Football shirts or replica shirts are big business. Once simply a means of telling the two parties apart, they are now more a device to flog advertising space and an item of ‘leisure wear’.
These days everyone is an expert. Within seconds of new designs being released verdicts are passed from the either delighted and outraged consumers alike. The manufacturers tend for the most part to get it right. After all, it’s a multi million pound industry… but the road to where we are now was a rocky one!
Nicknamed the “Bruised Banana”, this Arsenal side were constantly frittered by “weaker” sides as their first Premiership season saw a dismal mid table finish, and this kit certainly didn’t help matters.

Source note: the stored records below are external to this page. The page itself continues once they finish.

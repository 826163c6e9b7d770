-- ===== src/Api/Handlers.antt =====
-- internal/api/handlers.go
pub mod Issue
pub mod Consume
pub mod Admin
use blindvault.Base.{Option, none, some, Text, bytes}
use blindvault.Apperr.{GoError, app_wrap, unavailable, Result}
use blindvault.Api.Response.{Response, respond_err, respond_json, status_body, metrics_body}
use blindvault.Api.Server.{Libraries, Request, Server}
use blindvault.Context.{Call, check_context}
use blindvault.Service.Credentials.{ping}
use blindvault.Storage.{NullifierStore, RevocationStore}

module _ {L : Libraries} {N : NullifierStore} {V : RevocationStore} where
  -- Server.handleHealth
  unfoldable pub handle_health : Request → Server L N V → Response × Server L N V
  handle_health r s =
      elim (ping (record { done = check_context r.context 0; now = r.now })
        (record { done = check_context r.context 1; now = r.now }) s.service) [
          | some e ↦ (respond_err (app_wrap unavailable (bytes "storage unhealthy") e), s)
          | none ↦ (respond_json 200 (status_body (bytes "ok")), s)
        ]

  -- Server.metricsHandler
  unfoldable pub handle_metrics : Request → Server L N V → Response × Server L N V
  handle_metrics r s = (respond_json 200 metrics_body, s)
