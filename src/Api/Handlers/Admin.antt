-- ===== src/Api/Handlers/Admin.antt =====
-- The handlers of the revocations (internal/api/handlers.go). The revocation store of the server is
-- that of the credential service; a server has one.
use blindvault.Base.{ℕ, Option, none, some, Text, bytes}
use blindvault.Apperr.{GoError, app, app_wrap, invalid_argument, internal, ok, err}
use blindvault.Api.Response.{Response, respond_err, respond_json, status_body, revocations_body}
use blindvault.Api.Server.{Libraries, Request, Server, count}
use blindvault.Api.Types.{AdminRevokeRequest, AdminUnrevokeRequest, revoke_fields, unrevoke_fields}
use blindvault.Metrics.{revocation, unrevocation}
use blindvault.Storage.{NullifierStore, RevocationStore}

-- the error of a handler whose request carries no claims
abbrev claims_missing : Response
claims_missing = respond_err (app internal (bytes "claims missing from context"))

-- the error of a body that cannot be decoded or is not valid
abbrev invalid_request : GoError → Response
invalid_request e = respond_err (app_wrap invalid_argument (bytes "invalid request") e)

module _ {L : Libraries} {N : NullifierStore} {V : RevocationStore} where
  -- the server with other revocations
  abbrev pub with_revocations : V.State → Server L N V → Server L N V
  with_revocations v s = record s { service = record s.service { revocation_store = some v } }

  revoke_done : Text → Option GoError → Server L N V → Response × Server L N V
  unfolding count
  revoke_done class (some e) s = (
    respond_err (app_wrap invalid_argument (bytes "revocation failed") e),
    count (revocation (bytes "failure") class) s,
  )
  revoke_done class none s = (
    respond_json 200 (status_body (bytes "revoked")),
    count (revocation (bytes "success") class) s,
  )

  revoke_request : ℕ → Text → AdminRevokeRequest → V.State → Server L N V → Response × Server L N V
  unfolding revoke_done
  revoke_request now admin_id req v s = elim (L.validator.struct_errors now (revoke_fields req)) [
    | some e ↦ (invalid_request e, s)
    | none ↦
        let (done, v') =
          V.revoke_class now req.credential_class req.key_epoch req.reason admin_id
            req.revoked_until v in
        revoke_done req.credential_class done (with_revocations v' s)
  ]

  unrevoke_done : Text → Option GoError → Server L N V → Response × Server L N V
  unfolding count
  unrevoke_done class (some e) s = (
    respond_err (app_wrap invalid_argument (bytes "unrevoke failed") e),
    count (unrevocation (bytes "failure") class) s,
  )
  unrevoke_done class none s = (
    respond_json 200 (status_body (bytes "unrevoked")),
    count (unrevocation (bytes "success") class) s,
  )

  unrevoke_request : ℕ → AdminUnrevokeRequest → V.State → Server L N V → Response × Server L N V
  unfolding unrevoke_done
  unrevoke_request now req v s = elim (L.validator.struct_errors now (unrevoke_fields req)) [
    | some e ↦ (invalid_request e, s)
    | none ↦
        let (done, v') = V.unrevoke_class now req.credential_class req.key_epoch v in
        unrevoke_done req.credential_class done (with_revocations v' s)
  ]

  -- Server.handleAdminRevoke, on the server's revocation store
  unfoldable pub handle_admin_revoke : V.State → Request → Server L N V → Response × Server L N V
  unfolding revoke_request
  handle_admin_revoke v r s = elim r.claims [
    | none ↦ (claims_missing, s)
    | some claims ↦ elim (L.decoders.revoke r.body) [
      | err e ↦ (invalid_request e, s)
      | ok req ↦ revoke_request r.now claims.subject req v s
    ]
  ]

  -- Server.handleAdminUnrevoke
  unfoldable pub handle_admin_unrevoke : V.State → Request → Server L N V → Response × Server L N V
  unfolding unrevoke_request
  handle_admin_unrevoke v r s = elim r.claims [
    | none ↦ (claims_missing, s)
    | some claims ↦ elim (L.decoders.unrevoke r.body) [
      | err e ↦ (invalid_request e, s)
      | ok req ↦ unrevoke_request r.now req v s
    ]
  ]

  -- Server.handleAdminListRevocations
  unfoldable pub handle_admin_list : V.State → Request → Server L N V → Response × Server L N V
  handle_admin_list v r s = elim (V.list_revocations r.now v) [
    | err e ↦ (respond_err (app_wrap invalid_argument (bytes "list failed") e), s)
    | ok entries ↦ (respond_json 200 (revocations_body entries), s)
  ]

One word – ROADKILL! This kit looks bad enough with an awful lot going on, but even worse if worn with the shorts, black and bearing three adjacent white stripes. Probably the worst kit ever in terms of spacing and composition.
Aston Villa 1997/98
Mild in comparison to some of these horrors, but still worthy of a mention. This one was worn with white shorts, which gave the appearance of bottom heaviness. Furthermore, the light blue yolk effect is disastrous, as it exceeds the midriff and looks dodgy when divided by a claret line.
Manchester United 1995/96
It wouldn’t be a change kit hall of shame without the legendary kit which Sir Alex Ferguson claimed made the players invisible. This kit saw its last hurrah in a 3-1 pummelling by Southampton at The Dell, changed for a slightly better blue and white ensemble at half time when things got silly and Southampton started taking the mick at 3-0.
Aston Villa 2001/02
Another grey tragedy although some may claim that it is silver, but whichever one it is, the dullness is there to be seen. With only four away wins that season (two of them in the grey against Liverpool and Charlton), it was dropped with aplomb.
Manchester United 1997/98
You’d think that United would have learned their lesson – but just as they began to assert disquieting dominance over the league, Arsene Wenger’s Arsenal deposed them in 1998, with this travesty of an away kit in the season the title changed hands. The badge looks wrong, and a convoluted design overall, with some dodgy lines thrown in for good (or bad) measure.
Ohhhhh boy, where to begin with this monstrosity. We have shade of blue abysmally “complemented” by eye watering bright red triangles on the shorts and matching collars. The red colours really jump out with the sheer contrast, and from a front view, it looks like the players’ knackers are being crushed by a pair of ungodly isosceles triangles. Ouch!
This kit was a nod towards the “black watch” era of smart black shirts with a ruby sash, but this horrific take coincided with the most dramatic nosedives seen in modern day football. Whatever possessed the kit designer to go with a garish “salmon pink” (which bordered on RED) with black stripes is best left to the imagination, but probably involved incontinence and a head able to turn 360 degrees. No wonder they went from undisputed champions to relegation fodder in the space of seven years!
Concluding our countdown of change kit cock-ups is Arsenal, who conveniently had JVC as their sponsors on a shirt which looked like a badly tuned television. The intended “lightning” design is completely absurd – would it really have been that difficult to make the shirt halved with dark and light blue?